1. A multi-agent collaborative hotel recommendation method, comprising: In response to a user's hotel search request, determine the user's search intent based on the hotel search request; The first intelligent agent retrieves candidate hotels based on the acquired user profile information, environmental information, and the user's search intent. The second intelligent agent evaluates the candidate hotel set based on the user profile information and the environmental information to determine whether the candidate hotel set meets the user's needs. In response to the fact that the candidate hotel set does not meet the user's needs, the second intelligent agent sends feedback information to the first intelligent agent, triggering the first intelligent agent to regenerate the candidate hotel set according to the feedback information, until the candidate hotel set meets the user's needs; In response to the fact that the candidate hotel set meets the user's needs, a third-party intelligent agent sorts the candidate hotel set according to the user profile information and hotel details, and generates a recommendation result.

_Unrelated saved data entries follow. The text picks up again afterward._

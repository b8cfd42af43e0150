-- ===== src/Lib.antt =====
-- Verification of the explorer backend of the Phantasma chain: a worker that copies blocks from RPC
-- nodes into a database, and an HTTP API that serves them. The files here model the parts of both
-- that decide something: what is let in, what is asked of a node and how often, what is taken from
-- its answers, and what is computed from stored events.
--
-- Base: helpers on lists, maps, text (a list of code points), decimal printing and integers.
-- RateLimit (crates/http-api/src/rate_limit.rs): Window is `SlidingWindow`, Keys is
--   `build_key_limits`, ClientIp is `resolve_client_ip`, Limiter is `RateLimiterInner` with
--   `admit`, `try_enter` and `rate_limit_middleware`, and Gate runs the compare-and-swap loop of
--   `try_enter` step by step for many tasks. The clock enters as the current segment; the parsing
--   and the printing of addresses are parameters.
-- Relief (crates/ingestion/src/driver.rs): `RpcReliefState`, `relief_stall_backoff` and
--   `failed_pass_backoff`; durations are in seconds.
-- FetchPlan (crates/ingestion/src/lib.rs, crates/config/src/lib.rs): `plan_fetch_window`, which
--   takes the relief mode as `load_shed`.
-- Rpc (crates/rpc/src/lib.rs): `run_failover` and `try_endpoints_once` with the client's counter;
--   answers of nodes are a function of the number of calls made, the endpoint and the timeout.
-- Pages (crates/ingestion/src/driver.rs): `collect_account_pages`; the node is a function of the
--   page number and the cursor.
-- Ingest (crates/ingestion/src/driver.rs, `advance_cursor` of crates/db/src/lib.rs):
--   `project_window_sequentially` over a window of FetchPlan, and in Ingest.Pipeline
--   `project_window_pipelined` with `record_fetched` and `write_decoded_block`. The pool, the node's
--   block at a height and the writes of a block are parameters; the database is the cursor with the
--   heights of the committed blocks, and a block's transaction changes both or neither. In a pipelined
--   pass, which fetches are finished at each turn of the loop, which cancelled ones still come back
--   and which panic is a schedule, an argument of the pass. Ingest.Refetch is
--   `fetch_decoded_block_for_projection` with `try_complete_transaction` and the tests of
--   crates/ingestion/src/lib.rs; what the RPC client returns, by the number of its calls, are parameters.
-- Worker (crates/ingestion/src/driver.rs): `sync_once`, which composes the plan of FetchPlan, the
--   network guard, the projections of Ingest and the state of Relief, and passes one after the other.
--   Worker.Loop is the block loop of `run_until_shutdown` after each pass, without the tasks that it
--   starts and the shutdown signal.
-- Staking (crates/db/src/staking.rs): the replay of stake events. Transactions has the rows of one
--   transaction (`deduplicate_…`, `classify_…`, `apply_stake_snapshot_transaction`) and the
--   reverse replay, Daily the forward build; Grouping, Forward and Curve read both by transactions.
--   The parent has `apply_stake_snapshot_stake_delta`, Loading the loading of stakes, and Intx reads
--   the result of an inflation. The texts of anomalies are data, `BigInt` and the `i64` of days are ℤ.
-- Api (crates/http-api/src/support.rs, crates/http-api/src/lib.rs): values of the HTTP API. Integers is
--   `str::parse` of an integer, OffsetCursor and PageCursor the cursors, OffsetPages the pages of the
--   list handlers, Hex the encoded bytes, Amounts `format_token_amount`, Parameters the small rest.
--   The database's rows, Base64 and Unicode upper case are parameters, the texts of errors data.
-- Vm (crates/http-api/src/support.rs): `disassemble_script_bytes`. Reader is `VmScriptReader`,
--   Opcodes the names, Instructions the printing, Disassembly the loop, Assembly an assembler that
--   the code does not have, to state what it reads. The texts of strings, big integers and hex
--   data are parameters.
--
-- Fuel: the disassembler's loop gets as many rounds as the script has bytes, since each round reads
-- one; the reverse replay and a day of the forward build as many as there are rows, since each takes
-- a transaction's; the loop over the days as many as there are days, by division; a number's
-- printing as many as its value. Loops over ranges take the number of turns that are left. The
-- pipeline's loop gets one turn of its schedule for each round; filling the slots gets a round for
-- each height that is left, and writing one for each buffered block. The repair of a block gets one
-- round more than the block has transactions, and the fetch of a block the 25 attempts of the source.
-- Machine integers keep their wrap-around or saturation where the source has it; heights next to
-- the last 64-bit one and the counts of stakers are taken without it.
--
-- Not modelled: SQL, the decoding of blocks, the maintenance tasks of the worker, HTTP handlers, configuration
-- files, feeds, and process start-up.
mod Base
pub mod RateLimit
pub mod Relief
pub mod Api
pub mod FetchPlan
pub mod Rpc
pub mod Pages
pub mod Ingest
pub mod Staking
pub mod Vm
pub mod Worker
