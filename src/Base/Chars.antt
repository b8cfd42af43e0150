-- ===== src/Base/Chars.antt =====
-- Text as a list of code points, and what the program uses of `str`.
use Prim.Native.Nat.{ℕ, ◌+◌}
use Prim.Native.Char.{code}
use Prim.Native.String.{String}
use mathlib.Core.Bool.{Bool, true, false, ◌&&◌, ◌||◌}
use mathlib.Core.List.{List, [], ◌∷◌, map}
use explorer_backend.Base.Keys.{text_beq}
use explorer_backend.Base.Tests.{if◌then◌else◌, leb, ◌==◌}

abbrev pub Text : Type 0
Text = List ℕ

-- The code points of a literal.
abbrev pub codes : String → Text
codes String.[] = []
codes (String.◌∷◌ c s) = code c ∷ codes s

abbrev pub is_empty {ℓ} : {A : Type ℓ} → List A → Bool
is_empty [] = true
is_empty (x ∷ xs) = false

-- `char::is_whitespace`: the White_Space property of Unicode.
unfoldable pub is_whitespace : ℕ → Bool
is_whitespace c =
    (leb 9 c && leb c 13)
    || (c == 32)
    || (c == 0x85)
    || (c == 0xa0)
    || (c == 0x1680)
    || (leb 0x2000 c && leb c 0x200a)
    || (c == 0x2028)
    || (c == 0x2029)
    || (c == 0x202f)
    || (c == 0x205f)
    || (c == 0x3000)

unfoldable pub trim_start_if : (ℕ → Bool) → Text → Text
trim_start_if p [] = []
trim_start_if p (c ∷ s) = if p c then trim_start_if p s else c ∷ s

unfoldable pub trim_end_if : (ℕ → Bool) → Text → Text
trim_end_if p [] = []
trim_end_if p (c ∷ s) = let rest = trim_end_if p s in if is_empty rest && p c then [] else c ∷ rest

-- `str::trim`
unfoldable pub trim : Text → Text
unfolding is_whitespace trim_start_if trim_end_if
trim s = trim_end_if is_whitespace (trim_start_if is_whitespace s)

unfoldable pub starts_with : Text → Text → Bool
starts_with s [] = true
starts_with [] (c ∷ p) = false
starts_with (d ∷ s) (c ∷ p) = (d == c) && starts_with s p

-- `char::to_ascii_lowercase`
unfoldable pub to_ascii_lowercase : ℕ → ℕ
to_ascii_lowercase c = if leb b'A' c && leb c b'Z' then c + 32 else c

unfoldable pub lowercase : Text → Text
unfolding to_ascii_lowercase
lowercase s = map to_ascii_lowercase s

unfoldable pub eq_ignore_ascii_case : Text → Text → Bool
unfolding lowercase
eq_ignore_ascii_case s t = text_beq (lowercase s) (lowercase t)

unfoldable pub cons_to_first : ℕ → List Text → List Text
cons_to_first c [] = (c ∷ []) ∷ []
cons_to_first c (p ∷ ps) = (c ∷ p) ∷ ps

-- `str::split` at one code point, left to right; never the empty list.
unfoldable pub split_at : ℕ → Text → List Text
unfolding cons_to_first
split_at sep [] = [] ∷ []
split_at sep (c ∷ s) =
    let rest = split_at sep s in if c == sep then [] ∷ rest else cons_to_first c rest
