-- ===== src/Base/Decimal.antt =====
-- `to_string` of an unsigned number, and `{:03}`.
use Prim.Native.Nat.{ℕ, zero, suc, ◌+◌, ◌-◌, ◌/◌, ◌%◌}
use mathlib.Core.List.{[], ◌∷◌, ◌++◌}
use explorer_backend.Base.Tests.{ltb, if◌then◌else◌}
use explorer_backend.Base.Lists.{length, replicate}
use explorer_backend.Base.Chars.{Text}
use explorer_backend.Base.Int.{ℤ, pos, negsuc}

-- The decimal digits of a number, in at most as many steps as the fuel.
unfoldable pub digits_of : ℕ → ℕ → Text
digits_of zero n = []
digits_of (suc fuel) n =
    let rest = digits_of fuel (n / 10) in
    if ltb n 10 then (b'0' + n) ∷ [] else rest ++ ((b'0' + n % 10) ∷ [])

-- A number has fewer digits than it has predecessors, so `suc n` steps are enough.
unfoldable pub to_string : ℕ → Text
unfolding digits_of
to_string n = digits_of (suc n) n

unfoldable pub to_string_signed : ℤ → Text
unfolding to_string
to_string_signed (pos n) = to_string n
to_string_signed (negsuc n) = b'-' ∷ to_string (suc n)

-- `format!("{n:03}")`
unfoldable pub to_string_03 : ℕ → Text
unfolding to_string
to_string_03 n = let s = to_string n in replicate (3 - length s) b'0' ++ s
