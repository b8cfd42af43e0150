-- ===== src/Api.antt =====
-- Values that enter and leave the HTTP API: parameters, cursors, pages of rows and encoded bytes
-- (crates/http-api/src/support.rs and crates/http-api/src/lib.rs). The texts of errors are data.
pub mod Amounts
pub mod Hex
pub mod Integers
pub mod OffsetCursor
pub mod OffsetPages
pub mod PageCursor
pub mod Parameters
mod Tests
use explorer_backend.Base.{
  Bool, Option, Text, [], if◌then◌else◌, leb, ltb, none, not, some, suc, zero, ℕ, ◌&&◌, ◌*◌, ◌+◌,
  ◌-◌, ◌==◌, ◌^◌, ◌||◌, ◌∷◌, ◌≤◌, nat_eq,
}
use explorer_backend.Base.Int.{neg_part, negsuc, pos, pos_part, ℤ}

-- Why `str::parse` of an integer refuses a text.
pub data ParseIntError : Type 0 where
  empty invalid_digit pos_overflow neg_overflow : ParseIntError

-- The bad requests that the values here give rise to.
pub data BadRequest : Type 0 where
  invalid_integer : (field : Text) → ParseIntError → BadRequest
  expected_offset negative_offset_cursor : BadRequest
  invalid_offset : ParseIntError → BadRequest
  expected_page expected_payload : BadRequest
  wrong_cursor_kind : (expected : Text) → BadRequest
  invalid_sort_value invalid_id : ParseIntError → BadRequest
  limit_below_minus_one negative_offset limit_outside_usize : BadRequest
  odd_hex not_base16 not_base64 unsupported_plain empty_path : (field : Text) → BadRequest
  unsupported_format : (field format : Text) → BadRequest

pub data Answer (A : Type 0) : Type 0 where
  ok : A → Answer A
  bad : BadRequest → Answer A

infixl 5 ◌>>=◌ ◌>>◌
abbrev pub ◌>>=◌ : {A B : Type 0} → Answer A → (A → Answer B) → Answer B
ok a >>= f = f a
bad e >>= f = bad e

abbrev pub ◌>>◌ : {B : Type 0} → Answer (Unit {0}) → Answer B → Answer B
m >> k = m >>= λ u. k

pub data Parsed : Type 0 where
  parsed : ℤ → Parsed
  refused : ParseIntError → Parsed

abbrev pub is_digit : ℕ → Bool
is_digit c = leb b'0' c && leb c b'9'

-- The largest magnitude is the bound; `result` makes the integer of a magnitude.
unfoldable pub parse_digits : ParseIntError → (ℕ → ℤ) → ℕ → ℕ → Text → Parsed
parse_digits overflow result bound acc [] = parsed (result acc)
parse_digits overflow result bound acc (c ∷ cs) =
    let rest = parse_digits overflow result bound (acc * 10 + (c - b'0')) cs in
    if not (is_digit c)
    then refused invalid_digit
    else if ltb bound (acc * 10 + (c - b'0'))
    then refused overflow
    else rest

abbrev pub minus : ℕ → ℤ
minus zero = pos 0
minus (suc n) = negsuc n

unfoldable pub parse_signed : ℕ → ℕ → Text → Parsed
parse_signed bits c [] =
    if (c == b'-') || (c == b'+')
    then refused invalid_digit
    else parse_digits pos_overflow pos (2 ^ (bits - 1) - 1) 0 (c ∷ [])
parse_signed bits c (d ∷ ds) =
    if c == b'-'
    then parse_digits neg_overflow minus (2 ^ (bits - 1)) 0 (d ∷ ds)
    else if c == b'+'
    then parse_digits pos_overflow pos (2 ^ (bits - 1) - 1) 0 (d ∷ ds)
    else parse_digits pos_overflow pos (2 ^ (bits - 1) - 1) 0 (c ∷ d ∷ ds)

-- `str::parse::<i32>` and `str::parse::<i64>`, by the width.
unfoldable pub parse_int : ℕ → Text → Parsed
unfolding parse_signed
parse_int bits [] = refused empty
parse_int bits (c ∷ cs) = parse_signed bits c cs

-- What a width holds.
abbrev pub InWidth : ℕ → ℤ → Type 0
InWidth bits z = (pos_part z ≤ 2 ^ (bits - 1) - 1) × (neg_part z ≤ 2 ^ (bits - 1))

unfoldable pub strip_prefix : Text → Text → Option Text
strip_prefix [] s = some s
strip_prefix (c ∷ p) [] = none
strip_prefix (c ∷ p) (d ∷ s) = if d == c then strip_prefix p s else none

abbrev pub before_split : ℕ → Option (Text × Text) → Option (Text × Text)
before_split c none = none
before_split c (some (s, t)) = some (c ∷ s, t)

-- `str::split_once` at one code point.
unfoldable pub split_once : ℕ → Text → Option (Text × Text)
split_once sep [] = none
split_once sep (c ∷ s) =
    let rest = before_split c (split_once sep s) in if c == sep then some ([], s) else rest

abbrev pub or_bad : (ParseIntError → BadRequest) → Parsed → Answer ℤ
or_bad why (parsed z) = ok z
or_bad why (refused e) = bad (why e)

2. The hotel recommendation method of claim 1, wherein, Determining the user's search intent based on the hotel search request includes: The hotel search request is parsed to identify the search type of the hotel search request as the user's search intent; wherein, the search type includes regional search and / or central search.

3. The hotel recommendation method of claim 1, wherein, Before the first intelligent agent retrieves a set of candidate hotels based on the acquired user profile information, environmental information, and the user's search intent, the process further includes: The user's historical behavior data is input into the fourth intelligent agent to extract one or more user preference features as user profile information; The user profile information includes at least one of the following user preference features: geographic location preference, hotel attribute preference, and price preference.

4. The hotel recommendation method of claim 1, wherein, The process involves a first intelligent agent recalling candidate hotels based on acquired user profile information, environmental information, and the user's search intent, including: The first intelligent agent determines the corresponding recall strategy based on the user profile information, the environmental information, and the user's search intent. Multiple candidate hotels will be recalled according to the aforementioned recall strategy; A preset number of candidate hotels are selected from the multiple candidate hotels to generate the candidate hotel set.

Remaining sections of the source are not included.